* Extracted information:

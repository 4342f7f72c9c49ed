-- ===== src/Config/Fresh.antt =====
-- No error of a name or an id means that it is new: names and ids are distinct.
use score_orchestrator.Base.{
  ℕ, suc, String, Bool, true, false, ◌≡◌, ◌≢◌, refl, sym, inl, inr, Option, List, [], ◌∷◌, ◌++◌,
  ◌==◌, arith, is_empty, All, Bool-cases, string_ne, if◌then◌else◌,
}
use score_orchestrator.Api.Config.{ProfileSpec, BackendSpec}
use score_orchestrator.Selection.Ranking.Best.{HasDistinctIds}
use score_orchestrator.Config.Constraints.{
  FieldPath, FieldError, under, at, when, member, with_name,
}
use score_orchestrator.Config.{
  backend_id_errors, validate_backend, validate_backends, validate_name, validate_profiles_from,
}

module _ {A : Type 0} where
  pub append-eq-nil : (xs ys : List A) → xs ++ ys ≡ [] → (xs ≡ []) × (ys ≡ [])
  append-eq-nil [] ys h = (refl, h)
  append-eq-nil (x ∷ xs) ys h = cc

pub when-eq-nil : (b : Bool) (e : FieldError) → when b e ≡ [] → b ≡ false
when-eq-nil b e h = ground arith

-- The errors of something that is required, and then tested.
pub required-eq-nil :
    (b : Bool) (e : FieldError) (rest : List FieldError)
    → (if b then e ∷ [] else rest) ≡ []
    → (b ≡ false) × (rest ≡ [])
required-eq-nil true e rest h = cc
required-eq-nil false e rest h = (refl, h)

-- An id that is there and was not seen.
abbrev pub IsNewId : List String → String → Type 0
IsNewId seen name = ((name == "") ≡ false) × (member name seen ≡ false)

backend_id-IsNewId :
    (b : BackendSpec) (path : FieldPath) (ids : List String)
    → backend_id_errors b path ids ≡ []
    → IsNewId ids b.backend_id
unfolding backend_id_errors
backend_id-IsNewId b path ids h =
    let (filled, fresh) = required-eq-nil (b.backend_id == "") _ _ h in
    (filled, when-eq-nil (member b.backend_id ids) _ fresh)

-- A name that is new after another was seen is not that one.
new_after :
    (seen : List String) (name other : String)
    → member other (with_name name seen) ≡ false
    → (other ≢ name) × (member other seen ≡ false)
new_after seen name other h = elim (Bool-cases (name == other)) [
  | inl same ↦ absurd (let f = h in ground arith)
  | inr differ ↦ ((λ e. string_ne name other differ (sym e)), ground arith)
]

module _ {A : Type 0} (key : A → String) where
  -- The keys are new, and all different.
  abbrev pub IsFresh : List String → List A → Type 0
  IsFresh seen [] = Unit
  IsFresh seen (x ∷ xs) = IsNewId seen (key x) × IsFresh (with_name (key x) seen) xs

  fresh_keys :
      (seen : List String) (xs : List A)
      → IsFresh seen xs
      → All (λ x. member (key x) seen ≡ false) xs
  fresh_keys seen [] h = tt
  fresh_keys seen (x ∷ xs) (h, hs) =
      (h.1, weaken (key x) seen xs (fresh_keys (with_name (key x) seen) xs hs))
    where
      weaken :
          (name : String) (names : List String) (ys : List A)
          → All (λ y. member (key y) (with_name name names) ≡ false) ys
          → All (λ y. member (key y) names ≡ false) ys
      weaken name names [] k = tt
      weaken name names (y ∷ ys) (k, ks) =
          ((new_after names name (key y) k).1, weaken name names ys ks)

  fresh_others :
      (seen : List String) (name : String) (xs : List A)
      → All (λ x. member (key x) (with_name name seen) ≡ false) xs
      → All (λ x. key x ≢ name) xs
  fresh_others seen name [] h = tt
  fresh_others seen name (x ∷ xs) (h, hs) =
      ((new_after seen name (key x) h).0, fresh_others seen name xs hs)

fresh-HasDistinctIds :
    (seen : List String) (bs : List BackendSpec)
    → IsFresh (λ b. b.backend_id) seen bs
    → HasDistinctIds bs
fresh-HasDistinctIds seen [] h = tt
fresh-HasDistinctIds seen (b ∷ bs) (h, hs) = (
  fresh_others (λ c. c.backend_id) seen b.backend_id bs
      (fresh_keys (λ c. c.backend_id) (with_name b.backend_id seen) bs hs),
  fresh-HasDistinctIds (with_name b.backend_id seen) bs hs,
)

backends-IsFresh :
    (j : ℕ) (bs : List BackendSpec) (path : FieldPath) (ids : List String)
    → (validate_backends j bs path ids).0 ≡ []
    → IsFresh (λ b. b.backend_id) ids bs
unfolding validate_backends validate_backend
backends-IsFresh j [] path ids h = tt
backends-IsFresh j (b ∷ bs) path ids h =
    let (own, rest) = append-eq-nil _ _ h in
    let new = backend_id-IsNewId b (at (under path "backends") j) ids (append-eq-nil _ _ own).0 in
    (
      new,
      backends-IsFresh (suc j) bs path (with_name b.backend_id ids)
          (next (b.backend_id == "") new.0 rest),
    )
  where
    next :
        (empty : Bool)
        → empty ≡ false
        → (validate_backends (suc j) bs path (if empty then ids else with_name b.backend_id ids)).0
          ≡ []
        → (validate_backends (suc j) bs path (with_name b.backend_id ids)).0 ≡ []
    next true e k = absurd cc
    next false e k = k

abbrev pub HasDistinctNames : List ProfileSpec → Type 0
HasDistinctNames [] = Unit
HasDistinctNames (p ∷ ps) = All (λ q. q.name ≢ p.name) ps × HasDistinctNames ps

pub fresh-HasDistinctNames :
    (seen : List String) (ps : List ProfileSpec)
    → IsFresh (λ p. p.name) seen ps
    → HasDistinctNames ps
fresh-HasDistinctNames seen [] h = tt
fresh-HasDistinctNames seen (p ∷ ps) (h, hs) = (
  fresh_others (λ q. q.name) seen p.name ps
      (fresh_keys (λ q. q.name) (with_name p.name seen) ps hs),
  fresh-HasDistinctNames (with_name p.name seen) ps hs,
)

module _ (dns_errors : String → Option String) where
  validate_name-IsNewId :
      (name : String) (path : FieldPath) (names : List String)
      → validate_name dns_errors name path names ≡ []
      → IsNewId names name
  unfolding validate_name
  validate_name-IsNewId name path names h =
      let (filled, rest) = required-eq-nil (name == "") _ _ h in
      let (label, fresh) = append-eq-nil _ _ rest in
      (filled, when-eq-nil (member name names) _ fresh)

  pub profiles-IsFresh :
      (i : ℕ) (ps : List ProfileSpec) (path : FieldPath) (names ids : List String)
      → validate_profiles_from dns_errors i ps path names ids ≡ []
      → IsFresh (λ p. p.name) names ps
        × All (λ p. (is_empty p.backends ≡ false) × HasDistinctIds p.backends) ps
  unfolding validate_profiles_from
  profiles-IsFresh i [] path names ids h = (tt, tt)
  profiles-IsFresh i (p ∷ ps) path names ids h =
      let (before, others) = append-eq-nil _ _ h in
      let (before', backends) = append-eq-nil _ _ before in
      let (name, empty) =
        append-eq-nil (validate_name dns_errors p.name (at path i) names) _ before' in
      let new = validate_name-IsNewId p.name (at path i) names name in
      let (fresh, distinct) =
        profiles-IsFresh (suc i) ps path (with_name p.name names) _
          (next (p.name == "") _ new.0 others) in
      (
        (new, fresh),
        (
          (
            when-eq-nil (is_empty p.backends) _ empty,
            fresh-HasDistinctIds ids p.backends (backends-IsFresh 0 p.backends _ ids backends),
          ),
          distinct,
        ),
      )
    where
      next :
          (empty : Bool) (seen : List String)
          → empty ≡ false
          → validate_profiles_from dns_errors
              (suc i)
              ps
              path
              (if empty then names else with_name p.name names)
              seen
            ≡ []
          → validate_profiles_from dns_errors (suc i) ps path (with_name p.name names) seen ≡ []
      next true seen e k = absurd cc
      next false seen e k = k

* Exercise prompt:
Would you retype the whole listing, exactly as it reads?

* Solution:
repository 4342f7f72c9c49ed
-- ===== src/Config/Fresh.antt =====
-- No error of a name or an id means that it is new: names and ids are distinct.
use score_orchestrator.Base.{
  ℕ, suc, String, Bool, true, false, ◌≡◌, ◌≢◌, refl, sym, inl, inr, Option, List, [], ◌∷◌, ◌++◌,
  ◌==◌, arith, is_empty, All, Bool-cases, string_ne, if◌then◌else◌,
}
use score_orchestrator.Api.Config.{ProfileSpec, BackendSpec}
use score_orchestrator.Selection.Ranking.Best.{HasDistinctIds}
use score_orchestrator.Config.Constraints.{
  FieldPath, FieldError, under, at, when, member, with_name,
}
use score_orchestrator.Config.{
  backend_id_errors, validate_backend, validate_backends, validate_name, validate_profiles_from,
}

module _ {A : Type 0} where
  pub append-eq-nil : (xs ys : List A) → xs ++ ys ≡ [] → (xs ≡ []) × (ys ≡ [])
  append-eq-nil [] ys h = (refl, h)
  append-eq-nil (x ∷ xs) ys h = cc

pub when-eq-nil : (b : Bool) (e : FieldError) → when b e ≡ [] → b ≡ false
when-eq-nil b e h = ground arith

-- The errors of something that is required, and then tested.
pub required-eq-nil :
    (b : Bool) (e : FieldError) (rest : List FieldError)
    → (if b then e ∷ [] else rest) ≡ []
    → (b ≡ false) × (rest ≡ [])
required-eq-nil true e rest h = cc
required-eq-nil false e rest h = (refl, h)

-- An id that is there and was not seen.
abbrev pub IsNewId : List String → String → Type 0
IsNewId seen name = ((name == "") ≡ false) × (member name seen ≡ false)

backend_id-IsNewId :
    (b : BackendSpec) (path : FieldPath) (ids : List String)
    → backend_id_errors b path ids ≡ []
    → IsNewId ids b.backend_id
unfolding backend_id_errors
backend_id-IsNewId b path ids h =
    let (filled, fresh) = required-eq-nil (b.backend_id == "") _ _ h in
    (filled, when-eq-nil (member b.backend_id ids) _ fresh)

-- A name that is new after another was seen is not that one.
new_after :
    (seen : List String) (name other : String)
    → member other (with_name name seen) ≡ false
    → (other ≢ name) × (member other seen ≡ false)
new_after seen name other h = elim (Bool-cases (name == other)) [
  | inl same ↦ absurd (let f = h in ground arith)
  | inr differ ↦ ((λ e. string_ne name other differ (sym e)), ground arith)
]

module _ {A : Type 0} (key : A → String) where
  -- The keys are new, and all different.
  abbrev pub IsFresh : List String → List A → Type 0
  IsFresh seen [] = Unit
  IsFresh seen (x ∷ xs) = IsNewId seen (key x) × IsFresh (with_name (key x) seen) xs

  fresh_keys :
      (seen : List String) (xs : List A)
      → IsFresh seen xs
      → All (λ x. member (key x) seen ≡ false) xs
  fresh_keys seen [] h = tt
  fresh_keys seen (x ∷ xs) (h, hs) =
      (h.1, weaken (key x) seen xs (fresh_keys (with_name (key x) seen) xs hs))
    where
      weaken :
          (name : String) (names : List String) (ys : List A)
          → All (λ y. member (key y) (with_name name names) ≡ false) ys
          → All (λ y. member (key y) names ≡ false) ys
      weaken name names [] k = tt
      weaken name names (y ∷ ys) (k, ks) =
          ((new_after names name (key y) k).1, weaken name names ys ks)

  fresh_others :
      (seen : List String) (name : String) (xs : List A)
      → All (λ x. member (key x) (with_name name seen) ≡ false) xs
      → All (λ x. key x ≢ name) xs
  fresh_others seen name [] h = tt
  fresh_others seen name (x ∷ xs) (h, hs) =
      ((new_after seen name (key x) h).0, fresh_others seen name xs hs)

fresh-HasDistinctIds :
    (seen : List String) (bs : List BackendSpec)
    → IsFresh (λ b. b.backend_id) seen bs
    → HasDistinctIds bs
fresh-HasDistinctIds seen [] h = tt
fresh-HasDistinctIds seen (b ∷ bs) (h, hs) = (
  fresh_others (λ c. c.backend_id) seen b.backend_id bs
      (fresh_keys (λ c. c.backend_id) (with_name b.backend_id seen) bs hs),
  fresh-HasDistinctIds (with_name b.backend_id seen) bs hs,
)

backends-IsFresh :
    (j : ℕ) (bs : List BackendSpec) (path : FieldPath) (ids : List String)
    → (validate_backends j bs path ids).0 ≡ []
    → IsFresh (λ b. b.backend_id) ids bs
unfolding validate_backends validate_backend
backends-IsFresh j [] path ids h = tt
backends-IsFresh j (b ∷ bs) path ids h =
    let (own, rest) = append-eq-nil _ _ h in
    let new = backend_id-IsNewId b (at (under path "backends") j) ids (append-eq-nil _ _ own).0 in
    (
      new,
      backends-IsFresh (suc j) bs path (with_name b.backend_id ids)
          (next (b.backend_id == "") new.0 rest),
    )
  where
    next :
        (empty : Bool)
        → empty ≡ false
        → (validate_backends (suc j) bs path (if empty then ids else with_name b.backend_id ids)).0
          ≡ []
        → (validate_backends (suc j) bs path (with_name b.backend_id ids)).0 ≡ []
    next true e k = absurd cc
    next false e k = k

abbrev pub HasDistinctNames : List ProfileSpec → Type 0
HasDistinctNames [] = Unit
HasDistinctNames (p ∷ ps) = All (λ q. q.name ≢ p.name) ps × HasDistinctNames ps

pub fresh-HasDistinctNames :
    (seen : List String) (ps : List ProfileSpec)
    → IsFresh (λ p. p.name) seen ps
    → HasDistinctNames ps
fresh-HasDistinctNames seen [] h = tt
fresh-HasDistinctNames seen (p ∷ ps) (h, hs) = (
  fresh_others (λ q. q.name) seen p.name ps
      (fresh_keys (λ q. q.name) (with_name p.name seen) ps hs),
  fresh-HasDistinctNames (with_name p.name seen) ps hs,
)

module _ (dns_errors : String → Option String) where
  validate_name-IsNewId :
      (name : String) (path : FieldPath) (names : List String)
      → validate_name dns_errors name path names ≡ []
      → IsNewId names name
  unfolding validate_name
  validate_name-IsNewId name path names h =
      let (filled, rest) = required-eq-nil (name == "") _ _ h in
      let (label, fresh) = append-eq-nil _ _ rest in
      (filled, when-eq-nil (member name names) _ fresh)

  pub profiles-IsFresh :
      (i : ℕ) (ps : List ProfileSpec) (path : FieldPath) (names ids : List String)
      → validate_profiles_from dns_errors i ps path names ids ≡ []
      → IsFresh (λ p. p.name) names ps
        × All (λ p. (is_empty p.backends ≡ false) × HasDistinctIds p.backends) ps
  unfolding validate_profiles_from
  profiles-IsFresh i [] path names ids h = (tt, tt)
  profiles-IsFresh i (p ∷ ps) path names ids h =
      let (before, others) = append-eq-nil _ _ h in
      let (before', backends) = append-eq-nil _ _ before in
      let (name, empty) =
        append-eq-nil (validate_name dns_errors p.name (at path i) names) _ before' in
      let new = validate_name-IsNewId p.name (at path i) names name in
      let (fresh, distinct) =
        profiles-IsFresh (suc i) ps path (with_name p.name names) _
          (next (p.name == "") _ new.0 others) in
      (
        (new, fresh),
        (
          (
            when-eq-nil (is_empty p.backends) _ empty,
            fresh-HasDistinctIds ids p.backends (backends-IsFresh 0 p.backends _ ids backends),
          ),
          distinct,
        ),
      )
    where
      next :
          (empty : Bool) (seen : List String)
          → empty ≡ false
          → validate_profiles_from dns_errors
              (suc i)
              ps
              path
              (if empty then names else with_name p.name names)
              seen
            ≡ []
          → validate_profiles_from dns_errors (suc i) ps path (with_name p.name names) seen ≡ []
      next true seen e k = absurd cc
      next false seen e k = k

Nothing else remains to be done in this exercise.